Debt to Equity: BMY has a debt/equity ratio of 1.14 – a high number that is primarily attributed to the debt assumed during the completion of the Celgene deal. As of the last quarter, cash and liquid assets were about $13.3 billion versus $37.1 billion in long-term debt. Pre-merger, BMY had just $5.3 billion in debt versus more than $8 billion in cash; however management as well as most analysts predicted the deal would be immediately accretive. So far that appears to be the case, which means the high debt level continues to be more than serviceable. I think it is also worth noting that long-term has declined by about $2.8 billion since the beginning of 2022.
Dividend: BMY pays an annual dividend of $2.16 per share (increased at the beginning of 2022 from $1.96 per share), which at its current price translates to a dividend yield of about 2.9%. Management also increased the dividend from $1.80 per share, per annum in mid-2020. An increasing dividend is a strong signal of management’s confidence in its business strategy and overall financial strength.
Price/Book Ratio: there are a lot of ways to measure how much a stock should be worth; but I like to work with a combination of Price/Book and Price/Cash Flow analysis. Together, these measurements provide a long-term, fair value target around $76 per share.

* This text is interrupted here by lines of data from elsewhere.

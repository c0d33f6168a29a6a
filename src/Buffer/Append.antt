-- ===== src/Buffer/Append.antt =====
-- The appends add bytes behind the readable ones.
use cpp_example_code.Base.{
  ℕ, ◌+◌, ◌-◌, ◌^◌, ◌≤◌, ◌<◌, ◌≡◌, refl, ap, ◌∙◌, true, Option, some, List, [], ◌∷◌, ◌++◌, arith,
}
use cpp_example_code.Base.Tests.{leb}
use cpp_example_code.Base.Lists.{length}
use cpp_example_code.Buffer.Ops.{Buffer, write_at, put_bytes, append, append_char, cells}
use cpp_example_code.Buffer.Bytes.{
  same_place, cells_shift, cells-append, cells_whole, length-write_at, write_at-before,
  write_at-there,
}
use cpp_example_code.Buffer.Room.{IsBuffer, content, make_room-HasRoom}

-- What an append promises of the buffer after it.
pub record Appended (b : Buffer) (src : List ℕ) (out : Option Buffer) : Type 0 where
  pub after : Buffer
  pub returns : out ≡ some after
  pub valid : IsBuffer after
  pub extends : content after ≡ content b ++ src

abbrev pub written : Buffer → List ℕ → Buffer
written b src = record b {
  bytes = write_at b.bytes b.write_index src;
  write_index = b.write_index + length src;
}

pub put_bytes-some :
    (b : Buffer) (src : List ℕ)
    → IsBuffer b
    → b.write_index + length src ≤ b.total_size
    → put_bytes b src ≡ some (written b src)
unfolding put_bytes
put_bytes-some b src v room =
    let sized = v.sized in
    let ok : leb (b.write_index + length src) (length b.bytes) ≡ true = ground arith in rw ok refl

pub written-IsBuffer :
    (b : Buffer) (src : List ℕ)
    → IsBuffer b
    → b.write_index + length src ≤ b.total_size
    → IsBuffer (written b src)
written-IsBuffer b src v room = record {
  ordered = omega (arith, v.ordered);
  bounded = room;
  sized = length-write_at b.bytes b.write_index src ∙ v.sized;
}

pub written_content :
    (b : Buffer) (src : List ℕ)
    → IsBuffer b
    → b.write_index + length src ≤ b.total_size
    → content (written b src) ≡ content b ++ src
written_content b src v room =
    let inside : b.write_index + length src ≤ length b.bytes = rw v.sized room in
    let n = b.write_index - b.read_index in
    let out = write_at b.bytes b.write_index src in
    let longer : b.write_index + length src - b.read_index ≡ n + length src =
      omega (arith, v.ordered) in
    ap (λ t. cells t b.read_index out) longer
    ∙ cells-append n (length src) b.read_index out
    ∙ ap (λ t. t ++ cells (length src) (b.read_index + n) out)
        (cells_shift n b.read_index b.read_index out b.bytes (λ k h.
          write_at-before b.bytes b.write_index src (b.read_index + k) inside (omega arith)))
    ∙ ap (λ t. content b ++ t)
        (cells_shift (length src) (b.read_index + n) 0 out src (λ k h.
            same_place out (b.read_index + n + k) (b.write_index + k) (omega (arith, v.ordered))
            ∙ write_at-there b.bytes b.write_index src k inside h
            ∙ same_place src k (0 + k) (omega arith))
          ∙ cells_whole src)

pub put_bytes-Appended :
    (b : Buffer) (src : List ℕ)
    → IsBuffer b
    → b.write_index + length src ≤ b.total_size
    → Appended b src (put_bytes b src)
put_bytes-Appended b src v room = record {
  after = written b src;
  returns = put_bytes-some b src v room;
  valid = written-IsBuffer b src v room;
  extends = written_content b src v room;
}

-- `buffer_append` of any bytes to a buffer whose indices are in order puts them behind the readable
-- ones and keeps the indices in order, if memory is there for a growth and the size stays an `int`.
pub append-Appended :
    (b : Buffer) (src more : List ℕ)
    → IsBuffer b
    → length more ≡ length src
    → b.total_size + length src < 2 ^ 31
    → Appended b src (append (some more) b src)
unfolding append
append-Appended b src more v fresh small =
    let m = make_room-HasRoom b (length src) more v fresh small in
    let a = put_bytes-Appended m.after src m.valid m.room in
    rw (m.returns, append)
      (record {
        after = a.after;
        returns = a.returns;
        valid = a.valid;
        extends = a.extends ∙ ap (λ t. t ++ src) m.same;
      })

-- `buffer_append_char` puts the byte behind the readable ones, under the same conditions.
pub append_char-Appended :
    (b : Buffer) (c m : ℕ)
    → IsBuffer b
    → b.total_size + 1 < 2 ^ 31
    → Appended b (c ∷ []) (append_char (some (m ∷ [])) b c)
unfolding append_char
append_char-Appended b c m v small =
    let r = make_room-HasRoom b 1 (m ∷ []) v (omega arith) small in
    let a = put_bytes-Appended r.after (c ∷ []) r.valid (omega (arith, r.room)) in
    rw (r.returns, append_char)
      (record {
        after = a.after;
        returns = a.returns;
        valid = a.valid;
        extends = a.extends ∙ ap (λ t. t ++ (c ∷ [])) r.same;
      })
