-- ===== src/Buffer/Reading.antt =====
-- `buffer_read_char` and `buffer_find_CRLF` on the readable bytes.
use cpp_example_code.Base.{
  ℕ, zero, suc, ◌+◌, ◌-◌, ◌<◌, ◌≡◌, refl, ap, inl, inr, Bool, true, false, ◌&&◌, Option, none, some,
  List, [], ◌∷◌, arith,
}
use cpp_example_code.Base.Tests.{ltb, ◌==◌, Bool-cases}
use cpp_example_code.Base.Lists.{length, get_or}
use cpp_example_code.Buffer.Ops.{
  Buffer, read_char, cells, further, find_pair, find_crlf, readable_size,
}
use cpp_example_code.Buffer.Room.{IsBuffer, content}

-- What reading a byte promises: the first of the readable ones, and the others after it.
pub record CharRead (b : Buffer) (out : Option (ℕ × Buffer)) : Type 0 where
  pub char : ℕ
  pub after : Buffer
  pub returns : out ≡ some (char, after)
  pub valid : IsBuffer after
  pub takes : content b ≡ char ∷ content after

-- Where there is something to read, `buffer_read_char` takes the first of the readable bytes.
pub read_char-CharRead :
    (b : Buffer) → IsBuffer b → b.read_index < b.write_index → CharRead b (read_char b)
unfolding read_char cells
read_char-CharRead b v some_left =
    let inside : ltb b.read_index (length b.bytes) ≡ true =
      (let sized = v.sized in let bounded = v.bounded in ground arith) in
    let count : b.write_index - b.read_index ≡ suc (b.write_index - (b.read_index + 1)) =
      omega arith in
    rw inside (record {
      char = get_or b.bytes b.read_index 0;
      after = record b { read_index = b.read_index + 1 };
      returns = refl;
      valid = record { ordered = omega arith; bounded = v.bounded; sized = v.sized };
      takes = ap (λ t. cells t b.read_index b.bytes) count;
    })

-- "\r\n" stands at place `i`.
abbrev pub pair_at : List ℕ → ℕ → Bool
pair_at src i = get_or src i 0 == 13 && get_or src (suc i) 0 == 10

-- The answer is the first place of "\r\n", or there is none.
abbrev pub IsFirst : List ℕ → Option ℕ → Type 0
IsFirst src none = (i : ℕ) → pair_at src i ≡ false
IsFirst src (some k) = (pair_at src k ≡ true) × ((i : ℕ) → i < k → pair_at src i ≡ false)

and_false : (b : Bool) → (b && false) ≡ false
and_false true = refl
and_false false = refl

further-IsFirst :
    (x y : ℕ) (src : List ℕ) (o : Option ℕ)
    → (x == 13 && y == 10) ≡ false
    → IsFirst (y ∷ src) o
    → IsFirst (x ∷ y ∷ src) (further o)
further-IsFirst x y src none other first = λ i. at i
  where
    at : (i : ℕ) → pair_at (x ∷ y ∷ src) i ≡ false
    at zero = other
    at (suc i) = first i
further-IsFirst x y src (some k) other first = (first.0, λ i h. at i h)
  where
    at : (i : ℕ) → i < suc k → pair_at (x ∷ y ∷ src) i ≡ false
    at zero h = other
    at (suc i) h = first.1 i (omega arith)

single : (x i : ℕ) → pair_at (x ∷ []) i ≡ false
single x zero = and_false (x == 13)
single x (suc i) = refl

find_pair-IsFirst : (src : List ℕ) → IsFirst src (find_pair src)
unfolding find_pair
find_pair-IsFirst [] = λ i. refl
find_pair-IsFirst (x ∷ []) = single x
find_pair-IsFirst (x ∷ y ∷ src) = elim (Bool-cases (x == 13 && y == 10)) [
  | inl here ↦ rw here (here, λ i h. absurd (omega arith))
  | inr other ↦
      rw other (further-IsFirst x y src (find_pair (y ∷ src)) other (find_pair-IsFirst (y ∷ src)))
]

-- `buffer_find_CRLF` finds the first "\r\n" of the readable bytes, counted from the first of them,
-- and nothing exactly where there is none.
pub find_crlf-IsFirst : (b : Buffer) → IsFirst (content b) (find_crlf b)
unfolding find_crlf readable_size
find_crlf-IsFirst b = find_pair-IsFirst (content b)
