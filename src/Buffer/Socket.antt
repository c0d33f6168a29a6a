-- ===== src/Buffer/Socket.antt =====
-- `buffer_socket_read`: what the socket gave stands behind the readable bytes.
use cpp_example_code.Base.{
  ℕ, ◌+◌, ◌-◌, ◌^◌, ◌≤◌, ◌<◌, ◌≡◌, refl, sym, ap, ◌∙◌, true, false, Option, some, List, [], ◌∷◌,
  ◌++◌, arith,
}
use native.Mathlib.Decide.{dec_lt}
use cpp_example_code.Base.Tests.{leb}
use cpp_example_code.Base.Lists.{length, take, drop, length-take, length-drop, take-append-drop}
use cpp_example_code.Base.Int.{ℤ, pos}
use cpp_example_code.Buffer.Ops.{Buffer, writeable_size, socket_read}
use cpp_example_code.Buffer.Room.{IsBuffer, content}
use cpp_example_code.Buffer.Append.{
  written, put_bytes-some, written-IsBuffer, written_content, put_bytes-Appended, append-Appended,
}

-- What a read from the socket promises: the number of bytes, all of them behind the readable ones.
pub record Received (b : Buffer) (src : List ℕ) (out : Option (ℤ × Buffer)) : Type 0 where
  pub after : Buffer
  pub returns : out ≡ some (pos (length src), after)
  pub valid : IsBuffer after
  pub extends : content after ≡ content b ++ src

append_assoc : (xs ys zs : List ℕ) → (xs ++ ys) ++ zs ≡ xs ++ (ys ++ zs)
append_assoc [] ys zs = refl
append_assoc (x ∷ xs) ys zs = ap (λ t. x ∷ t) (append_assoc xs ys zs)

length-take_part : (n : ℕ) (src : List ℕ) → n ≤ length src → length (take n src) ≡ n
length-take_part n src h = omega (arith, length-take n src)

short_read :
    (memory : Option (List ℕ)) (b : Buffer) (src : List ℕ)
    → IsBuffer b
    → length src ≤ b.total_size - b.write_index
    → Received b src (socket_read memory b (some src))
unfolding socket_read writeable_size
short_read memory b src v short =
    let fits : leb (length src) (b.total_size - b.write_index) ≡ true = ground arith in
    let a = put_bytes-Appended b src v (omega (arith, v.bounded)) in
    rw (fits, a.returns)
      (record { after = a.after; returns = refl; valid = a.valid; extends = a.extends })

long_read :
    (b : Buffer) (src more : List ℕ)
    → IsBuffer b
    → b.total_size - b.write_index < length src
    → length more ≡ length src - (b.total_size - b.write_index)
    → b.total_size + length src < 2 ^ 31
    → Received b src (socket_read (some more) b (some src))
unfolding socket_read writeable_size
long_read b src more v long fresh small =
    let room = b.total_size - b.write_index in
    let over : leb (length src) room ≡ false = ground arith in
    let part : length (take room src) ≡ room = length-take_part room src (omega arith) in
    let tail : length (drop room src) ≡ length src - room = length-drop room src in
    let within : b.write_index + length (take room src) ≤ b.total_size = omega (arith, v.bounded) in
    let full : b.write_index + length (take room src) ≡ b.total_size = omega (arith, v.bounded) in
    let first = put_bytes-some b (take room src) v within in
    let b' : Buffer = record (written b (take room src)) { write_index = b.total_size } in
    let same : written b (take room src) ≡ b' =
      ap (λ (t : ℕ). record (written b (take room src)) { write_index = t }) full in
    let v' : IsBuffer b' = rw same at (written-IsBuffer b (take room src) v within) in
    let c' : content b' ≡ content b ++ take room src =
      ap content (sym same) ∙ written_content b (take room src) v within in
    let a = append-Appended b' (drop room src) more v' (omega arith) (omega arith) in
    rw (over, first, a.returns)
      (record {
        after = a.after;
        returns = refl;
        valid = a.valid;
        extends =
            a.extends
            ∙ ap (λ t. t ++ drop room src) c'
            ∙ append_assoc (content b) (take room src) (drop room src)
            ∙ ap (λ t. content b ++ t) (take-append-drop room src);
      })

-- `buffer_socket_read` returns the number of bytes that the socket gave and puts all of them behind
-- the readable ones, also those that do not fit the buffer as it is, if memory is there for a
-- growth and the size stays an `int`.
pub socket_read-Received :
    (b : Buffer) (src more : List ℕ)
    → IsBuffer b
    → length more ≡ length src - (b.total_size - b.write_index)
    → b.total_size + length src < 2 ^ 31
    → Received b src (socket_read (some more) b (some src))
socket_read-Received b src more v fresh small =
    elim (dec_lt (b.total_size - b.write_index) (length src)) [
      | yes long ↦ long_read b src more v long fresh small
      | no short ↦ short_read (some more) b src v (omega arith)
    ]
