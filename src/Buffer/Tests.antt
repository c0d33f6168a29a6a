-- ===== src/Buffer/Tests.antt =====
-- A small buffer through its operations, and the theorems at it.
use cpp_example_code.Base.{ℕ, ◌≡◌, refl, Option, none, some, List, [], ◌∷◌, arith}
use cpp_example_code.Base.Loops.{for_each}
use cpp_example_code.Buffer.Ops.{
  Buffer, writeable_size, readable_size, front_spare_size, copy_down, make_room, write_at,
  put_bytes, append, append_char, socket_read, read_char, find_crlf,
}
use cpp_example_code.Buffer.Room.{IsBuffer, content}
use cpp_example_code.Buffer.Append.{Appended, append-Appended, append_char-Appended}
use cpp_example_code.Buffer.Socket.{Received, socket_read-Received}
use cpp_example_code.Buffer.Reading.{CharRead, read_char-CharRead, IsFirst, find_crlf-IsFirst}

-- six bytes, of which the last three are readable and one more fits behind them
abbrev small : Buffer
small = record {
  bytes = 1 ∷ 2 ∷ 13 ∷ 10 ∷ 5 ∷ 0 ∷ [];
  read_index = 2;
  write_index = 5;
  total_size = 6;
}

small-IsBuffer : IsBuffer small
small-IsBuffer = record { ordered = omega arith; bounded = omega arith; sized = refl }

abbrev bytes_of : Option Buffer → List ℕ
bytes_of none = []
bytes_of (some b) = b.bytes

-- two bytes fit after the readable ones have moved to the front
append_moves : bytes_of (append none small (7 ∷ 8 ∷ [])) ≡ 13 ∷ 10 ∷ 5 ∷ 7 ∷ 8 ∷ 0 ∷ []
unfolding append make_room writeable_size front_spare_size readable_size copy_down for_each
    put_bytes write_at
append_moves = refl

-- four do not, and without memory for a growth they would leave the data
append_overruns : append none small (7 ∷ 8 ∷ 9 ∷ 9 ∷ []) ≡ none
unfolding append make_room writeable_size front_spare_size readable_size copy_down for_each
    put_bytes write_at
append_overruns = refl

append-Appended_example :
    Appended small
      (7 ∷ 8 ∷ 9 ∷ 9 ∷ [])
      (append (some (0 ∷ 0 ∷ 0 ∷ 0 ∷ [])) small (7 ∷ 8 ∷ 9 ∷ 9 ∷ []))
append-Appended_example =
    append-Appended small (7 ∷ 8 ∷ 9 ∷ 9 ∷ []) (0 ∷ 0 ∷ 0 ∷ 0 ∷ []) small-IsBuffer refl
      (omega arith)

append_char_test : Appended small (7 ∷ []) (append_char (some (0 ∷ [])) small 7)
append_char_test = append_char-Appended small 7 0 small-IsBuffer (omega arith)

socket_read-Received_example :
    Received small (7 ∷ 8 ∷ 9 ∷ []) (socket_read (some (0 ∷ 0 ∷ [])) small (some (7 ∷ 8 ∷ 9 ∷ [])))
socket_read-Received_example =
    socket_read-Received small (7 ∷ 8 ∷ 9 ∷ []) (0 ∷ 0 ∷ []) small-IsBuffer refl (omega arith)

read_char_test : CharRead small (read_char small)
read_char_test = read_char-CharRead small small-IsBuffer (omega arith)

find_crlf-IsFirst_example : IsFirst (content small) (find_crlf small)
find_crlf-IsFirst_example = find_crlf-IsFirst small
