-- ===== src/Connection.antt =====
-- The TCP connection of httptest-geektime/lib: what is written to the socket at once, what waits in
-- the output buffer, and the callbacks.
pub mod Ops
pub mod Open
pub mod Sent
pub mod Handed
pub mod Flushed
pub mod Failing
pub mod Created
pub mod Reading
mod Tests
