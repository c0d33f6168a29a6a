-- ===== src/EventLoop/State.antt =====
-- The types of httptest-geektime/lib/channel.h, channel_map.h, event_loop.h, event_dispatcher.h and
-- thread_pool.h. A descriptor is an int and is kept as its pattern of 32 bits; a channel and an
-- element of the queue are known by their addresses, and NULL is 0.
use cpp_example_code.Base.{ℕ, Bool, List}
use cpp_example_code.Base.Tests.{leb}

abbrev pub Addr : Type 0
Addr = ℕ

abbrev pub null : Addr
null = 0

-- `fd < 0`
abbrev pub is_negative : ℕ → Bool
is_negative fd = leb 2147483648 fd

-- -1
abbrev pub minus_one : ℕ
minus_one = 4294967295

abbrev pub event_read : ℕ
event_read = 2

abbrev pub event_write : ℕ
event_write = 4

-- `struct channel`; a callback is whether there is one.
pub record Channel : Type 0 where
  pub fd : ℕ
  pub events : ℕ
  pub read_callback : Bool
  pub write_callback : Bool
  pub callback_data : Addr

-- `struct channel_map`
pub record ChannelMap : Type 0 where
  pub entries : List Addr
  pub nentries : ℕ

-- `struct channel_element`
pub record Element : Type 0 where
  pub type : ℕ
  pub channel : Addr
  pub next : Addr

-- `struct event_dispatcher`, less `init` and `clear`, over the dispatcher's data; `del` answers whether
-- it failed.
pub record Dispatcher (S : Type 0) : Type 0 where
  pub add : S → Channel → S
  pub del : S → Channel → Bool × S
  pub update : S → Channel → S

-- `struct event_loop` with the channels and the queue's elements at their addresses, and the bytes
-- written to its socket pair.
pub record EventLoop (S : Type 0) : Type 0 where
  pub event_dispatcher_data : S
  pub channel_map : ChannelMap
  pub is_handle_pending : Bool
  pub pending_head : Addr
  pub pending_tail : Addr
  pub elements : Addr → Element
  pub channels : Addr → Channel
  pub wakeups : ℕ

That suggests that BMY is close to its fair value, with 2% upside from its current price and a practical discount price at around $61. This metric has decreased from its $83.50 fair value target in February of this year.
Technical Profile
Here’s a look at the stock’s latest technical chart.
Current Price Action/Trends and Pivots: The chart above displays the last year of price activity for BMY. The red diagonal line traces the stock’s upward trend from its December 2021 low at about $53 to its latest high at about $81; it also provides the baseline for the Fibonacci retracement lines shown on the right side of the chart. From that high, the stock slid back to find current, major support at around $72 last week, with immediate resistance at around $76.50. A push above $76.50 should give the stock room to test the stock’s 52-week high at around $81, while a drop below $72 could have somewhat limited downside, with the 382.% retracement line providing next support at about $70 per share.
Near-term Keys: BMY’s fundamental profile is healthy in many respects, with a useful decrease in long-term debt helping to keep the company’s financial flexibility strong. That said, the current decline in Net Income has extended over the last two quarters, and is reason enough to accept the fact that the stock doesn’t offer a useful value at its current price. I would look for the stock to either break down into the low $60 range, or show more material improvements in its fundamental metrics that improve the argument for a higher value-driven price first. If you prefer to work with short-term trading strategies, a push above resistance at $76.50 could offer an opportunity to buy the stock or work with call options, with about $4.50 of immediate upside to $81 as a good bullish profit target. A drop below $72 could be a signal to think about shorting the stock or buying put options, using $70 as a practical profit target on a bearish trade.